(Items listed in a dataset)

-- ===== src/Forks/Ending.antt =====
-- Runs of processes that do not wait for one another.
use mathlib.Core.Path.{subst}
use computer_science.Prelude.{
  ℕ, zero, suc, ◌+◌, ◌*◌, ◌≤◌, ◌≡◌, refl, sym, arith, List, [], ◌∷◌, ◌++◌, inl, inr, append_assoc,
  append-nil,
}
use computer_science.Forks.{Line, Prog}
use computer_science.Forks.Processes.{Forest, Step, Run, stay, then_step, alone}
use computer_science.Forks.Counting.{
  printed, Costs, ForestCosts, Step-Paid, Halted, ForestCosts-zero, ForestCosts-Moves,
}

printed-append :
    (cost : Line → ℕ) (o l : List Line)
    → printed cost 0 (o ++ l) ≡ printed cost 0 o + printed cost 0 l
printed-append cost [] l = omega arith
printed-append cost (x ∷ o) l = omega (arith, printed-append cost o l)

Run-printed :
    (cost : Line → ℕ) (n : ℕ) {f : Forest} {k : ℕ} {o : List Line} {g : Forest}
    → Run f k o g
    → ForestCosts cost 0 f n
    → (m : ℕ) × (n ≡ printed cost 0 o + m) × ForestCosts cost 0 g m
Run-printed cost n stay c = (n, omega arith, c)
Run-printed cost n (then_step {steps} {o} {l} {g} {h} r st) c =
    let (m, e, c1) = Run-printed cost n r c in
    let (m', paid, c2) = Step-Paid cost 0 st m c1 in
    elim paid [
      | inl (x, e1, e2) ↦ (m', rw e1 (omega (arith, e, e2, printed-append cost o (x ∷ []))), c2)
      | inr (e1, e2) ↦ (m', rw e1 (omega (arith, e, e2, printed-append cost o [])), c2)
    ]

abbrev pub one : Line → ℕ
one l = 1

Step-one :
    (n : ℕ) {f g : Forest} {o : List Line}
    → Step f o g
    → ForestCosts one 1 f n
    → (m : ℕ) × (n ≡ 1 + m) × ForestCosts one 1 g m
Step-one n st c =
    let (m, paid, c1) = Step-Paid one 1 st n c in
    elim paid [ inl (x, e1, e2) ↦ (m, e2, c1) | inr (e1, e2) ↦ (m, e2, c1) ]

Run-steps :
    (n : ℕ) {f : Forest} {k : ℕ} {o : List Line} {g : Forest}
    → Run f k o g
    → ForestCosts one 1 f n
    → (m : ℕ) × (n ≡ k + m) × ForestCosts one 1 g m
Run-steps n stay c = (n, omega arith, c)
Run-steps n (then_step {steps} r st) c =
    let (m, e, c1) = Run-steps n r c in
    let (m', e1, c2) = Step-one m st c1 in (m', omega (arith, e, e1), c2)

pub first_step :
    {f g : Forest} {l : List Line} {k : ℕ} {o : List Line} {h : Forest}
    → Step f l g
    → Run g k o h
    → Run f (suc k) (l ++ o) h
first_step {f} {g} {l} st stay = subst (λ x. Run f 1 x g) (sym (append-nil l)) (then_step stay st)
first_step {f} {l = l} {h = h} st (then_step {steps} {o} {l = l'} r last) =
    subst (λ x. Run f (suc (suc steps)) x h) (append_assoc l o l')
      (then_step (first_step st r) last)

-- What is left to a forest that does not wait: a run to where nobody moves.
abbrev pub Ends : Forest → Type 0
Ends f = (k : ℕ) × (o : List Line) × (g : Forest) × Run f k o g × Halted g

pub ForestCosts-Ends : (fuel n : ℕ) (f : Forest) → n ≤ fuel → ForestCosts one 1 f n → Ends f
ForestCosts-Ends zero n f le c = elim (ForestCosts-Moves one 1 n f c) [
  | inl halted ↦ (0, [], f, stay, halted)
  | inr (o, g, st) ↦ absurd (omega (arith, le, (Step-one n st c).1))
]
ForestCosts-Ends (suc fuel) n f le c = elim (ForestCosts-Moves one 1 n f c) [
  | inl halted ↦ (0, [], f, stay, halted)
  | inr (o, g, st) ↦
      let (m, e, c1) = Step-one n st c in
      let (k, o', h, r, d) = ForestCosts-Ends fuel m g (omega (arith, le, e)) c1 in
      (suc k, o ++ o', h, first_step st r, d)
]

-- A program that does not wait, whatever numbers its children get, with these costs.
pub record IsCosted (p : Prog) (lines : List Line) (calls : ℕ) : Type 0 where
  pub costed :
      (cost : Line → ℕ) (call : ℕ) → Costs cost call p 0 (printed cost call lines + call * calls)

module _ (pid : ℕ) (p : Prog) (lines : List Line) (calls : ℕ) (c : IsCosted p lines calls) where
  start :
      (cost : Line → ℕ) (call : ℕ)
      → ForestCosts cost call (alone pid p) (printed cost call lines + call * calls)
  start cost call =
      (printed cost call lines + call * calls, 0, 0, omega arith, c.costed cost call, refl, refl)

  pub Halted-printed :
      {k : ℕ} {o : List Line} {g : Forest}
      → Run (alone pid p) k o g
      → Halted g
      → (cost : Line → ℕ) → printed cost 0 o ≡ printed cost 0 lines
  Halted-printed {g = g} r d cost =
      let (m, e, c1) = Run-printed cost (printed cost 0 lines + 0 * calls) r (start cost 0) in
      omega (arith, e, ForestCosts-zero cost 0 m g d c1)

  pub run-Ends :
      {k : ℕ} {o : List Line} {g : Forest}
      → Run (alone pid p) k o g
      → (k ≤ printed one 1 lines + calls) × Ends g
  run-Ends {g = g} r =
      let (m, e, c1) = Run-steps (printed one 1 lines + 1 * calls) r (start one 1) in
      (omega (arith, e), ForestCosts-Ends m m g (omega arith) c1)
--
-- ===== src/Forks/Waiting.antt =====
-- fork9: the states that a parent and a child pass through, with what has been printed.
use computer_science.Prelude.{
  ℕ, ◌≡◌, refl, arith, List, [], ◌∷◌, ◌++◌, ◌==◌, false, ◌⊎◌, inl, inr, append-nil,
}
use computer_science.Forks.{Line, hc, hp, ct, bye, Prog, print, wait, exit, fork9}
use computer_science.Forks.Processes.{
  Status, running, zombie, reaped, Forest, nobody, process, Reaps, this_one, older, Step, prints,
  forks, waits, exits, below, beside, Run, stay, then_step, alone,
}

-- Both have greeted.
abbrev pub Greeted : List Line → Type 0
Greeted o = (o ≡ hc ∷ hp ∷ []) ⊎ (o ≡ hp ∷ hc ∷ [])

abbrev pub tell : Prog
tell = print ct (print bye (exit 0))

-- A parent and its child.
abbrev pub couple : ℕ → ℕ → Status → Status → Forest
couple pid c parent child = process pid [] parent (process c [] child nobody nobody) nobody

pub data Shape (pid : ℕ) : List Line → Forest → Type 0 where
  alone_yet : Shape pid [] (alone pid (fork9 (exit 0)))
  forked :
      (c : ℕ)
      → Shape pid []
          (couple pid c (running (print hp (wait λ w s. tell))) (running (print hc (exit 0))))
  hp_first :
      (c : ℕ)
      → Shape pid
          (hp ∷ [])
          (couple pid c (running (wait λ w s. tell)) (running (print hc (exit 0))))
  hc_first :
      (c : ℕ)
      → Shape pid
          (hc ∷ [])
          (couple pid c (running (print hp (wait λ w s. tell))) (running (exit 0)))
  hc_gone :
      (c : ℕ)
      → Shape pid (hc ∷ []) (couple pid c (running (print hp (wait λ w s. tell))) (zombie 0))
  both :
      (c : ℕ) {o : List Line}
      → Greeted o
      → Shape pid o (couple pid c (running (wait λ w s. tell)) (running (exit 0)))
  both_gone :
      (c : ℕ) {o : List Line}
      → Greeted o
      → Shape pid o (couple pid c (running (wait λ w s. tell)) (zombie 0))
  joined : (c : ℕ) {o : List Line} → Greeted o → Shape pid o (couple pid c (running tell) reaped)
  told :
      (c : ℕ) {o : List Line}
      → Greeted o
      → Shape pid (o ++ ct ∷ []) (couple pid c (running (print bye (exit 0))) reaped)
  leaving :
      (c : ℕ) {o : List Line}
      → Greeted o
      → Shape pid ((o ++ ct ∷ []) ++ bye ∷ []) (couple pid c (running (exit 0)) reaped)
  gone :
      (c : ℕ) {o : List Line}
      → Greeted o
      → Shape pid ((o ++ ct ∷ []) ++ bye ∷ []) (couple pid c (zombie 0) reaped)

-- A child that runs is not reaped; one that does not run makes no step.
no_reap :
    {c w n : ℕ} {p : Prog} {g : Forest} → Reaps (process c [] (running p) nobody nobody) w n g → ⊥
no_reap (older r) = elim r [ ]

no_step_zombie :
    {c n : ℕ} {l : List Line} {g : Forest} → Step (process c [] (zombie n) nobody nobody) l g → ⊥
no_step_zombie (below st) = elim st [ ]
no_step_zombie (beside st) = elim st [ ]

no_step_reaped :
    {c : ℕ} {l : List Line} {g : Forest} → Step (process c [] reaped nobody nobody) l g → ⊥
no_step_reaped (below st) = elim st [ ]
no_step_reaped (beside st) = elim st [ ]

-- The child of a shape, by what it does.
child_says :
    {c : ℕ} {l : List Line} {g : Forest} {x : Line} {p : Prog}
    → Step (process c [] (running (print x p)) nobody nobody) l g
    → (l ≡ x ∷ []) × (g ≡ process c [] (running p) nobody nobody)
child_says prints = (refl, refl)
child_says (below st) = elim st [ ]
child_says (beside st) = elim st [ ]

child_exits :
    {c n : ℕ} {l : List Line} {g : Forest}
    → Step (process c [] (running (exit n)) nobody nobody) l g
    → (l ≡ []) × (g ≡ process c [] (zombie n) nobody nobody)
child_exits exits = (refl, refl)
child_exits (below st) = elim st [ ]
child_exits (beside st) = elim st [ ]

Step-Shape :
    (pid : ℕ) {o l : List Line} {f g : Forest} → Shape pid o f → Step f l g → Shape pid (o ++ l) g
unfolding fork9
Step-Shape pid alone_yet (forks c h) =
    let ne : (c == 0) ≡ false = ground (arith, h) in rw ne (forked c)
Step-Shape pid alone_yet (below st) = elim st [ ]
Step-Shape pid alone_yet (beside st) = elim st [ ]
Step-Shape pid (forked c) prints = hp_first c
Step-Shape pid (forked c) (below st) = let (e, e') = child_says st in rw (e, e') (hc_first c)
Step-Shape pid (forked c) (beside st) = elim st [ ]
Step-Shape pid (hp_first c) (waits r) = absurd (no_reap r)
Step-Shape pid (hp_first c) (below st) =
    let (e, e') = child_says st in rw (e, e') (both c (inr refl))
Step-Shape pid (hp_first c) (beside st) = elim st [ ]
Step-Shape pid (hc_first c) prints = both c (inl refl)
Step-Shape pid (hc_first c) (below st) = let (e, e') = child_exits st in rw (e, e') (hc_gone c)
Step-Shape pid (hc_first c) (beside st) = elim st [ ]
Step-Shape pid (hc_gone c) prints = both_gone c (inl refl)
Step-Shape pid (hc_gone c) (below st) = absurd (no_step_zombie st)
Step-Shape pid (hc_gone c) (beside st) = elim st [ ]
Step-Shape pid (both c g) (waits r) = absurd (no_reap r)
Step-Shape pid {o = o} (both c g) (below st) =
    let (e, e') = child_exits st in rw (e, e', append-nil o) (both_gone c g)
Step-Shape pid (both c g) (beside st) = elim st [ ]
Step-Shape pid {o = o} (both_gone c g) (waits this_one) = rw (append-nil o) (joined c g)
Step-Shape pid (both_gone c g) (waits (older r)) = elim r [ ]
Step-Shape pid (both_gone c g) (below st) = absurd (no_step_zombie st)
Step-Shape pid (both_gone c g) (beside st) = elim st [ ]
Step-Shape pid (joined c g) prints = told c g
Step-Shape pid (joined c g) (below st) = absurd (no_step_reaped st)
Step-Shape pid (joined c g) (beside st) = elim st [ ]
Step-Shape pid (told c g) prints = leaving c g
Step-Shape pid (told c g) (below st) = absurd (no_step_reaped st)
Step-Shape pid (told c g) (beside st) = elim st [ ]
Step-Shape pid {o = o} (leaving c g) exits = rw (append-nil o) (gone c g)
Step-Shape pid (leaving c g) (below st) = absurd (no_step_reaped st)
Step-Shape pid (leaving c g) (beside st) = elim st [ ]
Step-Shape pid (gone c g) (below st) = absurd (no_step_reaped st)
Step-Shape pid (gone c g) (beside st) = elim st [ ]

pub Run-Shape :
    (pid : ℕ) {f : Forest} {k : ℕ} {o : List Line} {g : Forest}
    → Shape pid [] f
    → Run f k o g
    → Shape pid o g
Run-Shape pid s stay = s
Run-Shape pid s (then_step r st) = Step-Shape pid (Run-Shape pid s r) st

* [Assignment]
The lines above starting at the one that contains "o + printed cost 0 l" and ending at the one that contains "ForestCosts-Ends zero n" must be transcribed exactly, and no other lines may appear.

* [Result of this task]
    → printed cost 0 (o ++ l) ≡ printed cost 0 o + printed cost 0 l
printed-append cost [] l = omega arith
printed-append cost (x ∷ o) l = omega (arith, printed-append cost o l)

Run-printed :
    (cost : Line → ℕ) (n : ℕ) {f : Forest} {k : ℕ} {o : List Line} {g : Forest}
    → Run f k o g
    → ForestCosts cost 0 f n
    → (m : ℕ) × (n ≡ printed cost 0 o + m) × ForestCosts cost 0 g m
Run-printed cost n stay c = (n, omega arith, c)
Run-printed cost n (then_step {steps} {o} {l} {g} {h} r st) c =
    let (m, e, c1) = Run-printed cost n r c in
    let (m', paid, c2) = Step-Paid cost 0 st m c1 in
    elim paid [
      | inl (x, e1, e2) ↦ (m', rw e1 (omega (arith, e, e2, printed-append cost o (x ∷ []))), c2)
      | inr (e1, e2) ↦ (m', rw e1 (omega (arith, e, e2, printed-append cost o [])), c2)
    ]

abbrev pub one : Line → ℕ
one l = 1

Step-one :
    (n : ℕ) {f g : Forest} {o : List Line}
    → Step f o g
    → ForestCosts one 1 f n
    → (m : ℕ) × (n ≡ 1 + m) × ForestCosts one 1 g m
Step-one n st c =
    let (m, paid, c1) = Step-Paid one 1 st n c in
    elim paid [ inl (x, e1, e2) ↦ (m, e2, c1) | inr (e1, e2) ↦ (m, e2, c1) ]

Run-steps :
    (n : ℕ) {f : Forest} {k : ℕ} {o : List Line} {g : Forest}
    → Run f k o g
    → ForestCosts one 1 f n
    → (m : ℕ) × (n ≡ k + m) × ForestCosts one 1 g m
Run-steps n stay c = (n, omega arith, c)
Run-steps n (then_step {steps} r st) c =
    let (m, e, c1) = Run-steps n r c in
    let (m', e1, c2) = Step-one m st c1 in (m', omega (arith, e, e1), c2)

pub first_step :
    {f g : Forest} {l : List Line} {k : ℕ} {o : List Line} {h : Forest}
    → Step f l g
    → Run g k o h
    → Run f (suc k) (l ++ o) h
first_step {f} {g} {l} st stay = subst (λ x. Run f 1 x g) (sym (append-nil l)) (then_step stay st)
first_step {f} {l = l} {h = h} st (then_step {steps} {o} {l = l'} r last) =
    subst (λ x. Run f (suc (suc steps)) x h) (append_assoc l o l')
      (then_step (first_step st r) last)

-- What is left to a forest that does not wait: a run to where nobody moves.
abbrev pub Ends : Forest → Type 0
Ends f = (k : ℕ) × (o : List Line) × (g : Forest) × Run f k o g × Halted g

pub ForestCosts-Ends : (fuel n : ℕ) (f : Forest) → n ≤ fuel → ForestCosts one 1 f n → Ends f
ForestCosts-Ends zero n f le c = elim (ForestCosts-Moves one 1 n f c) [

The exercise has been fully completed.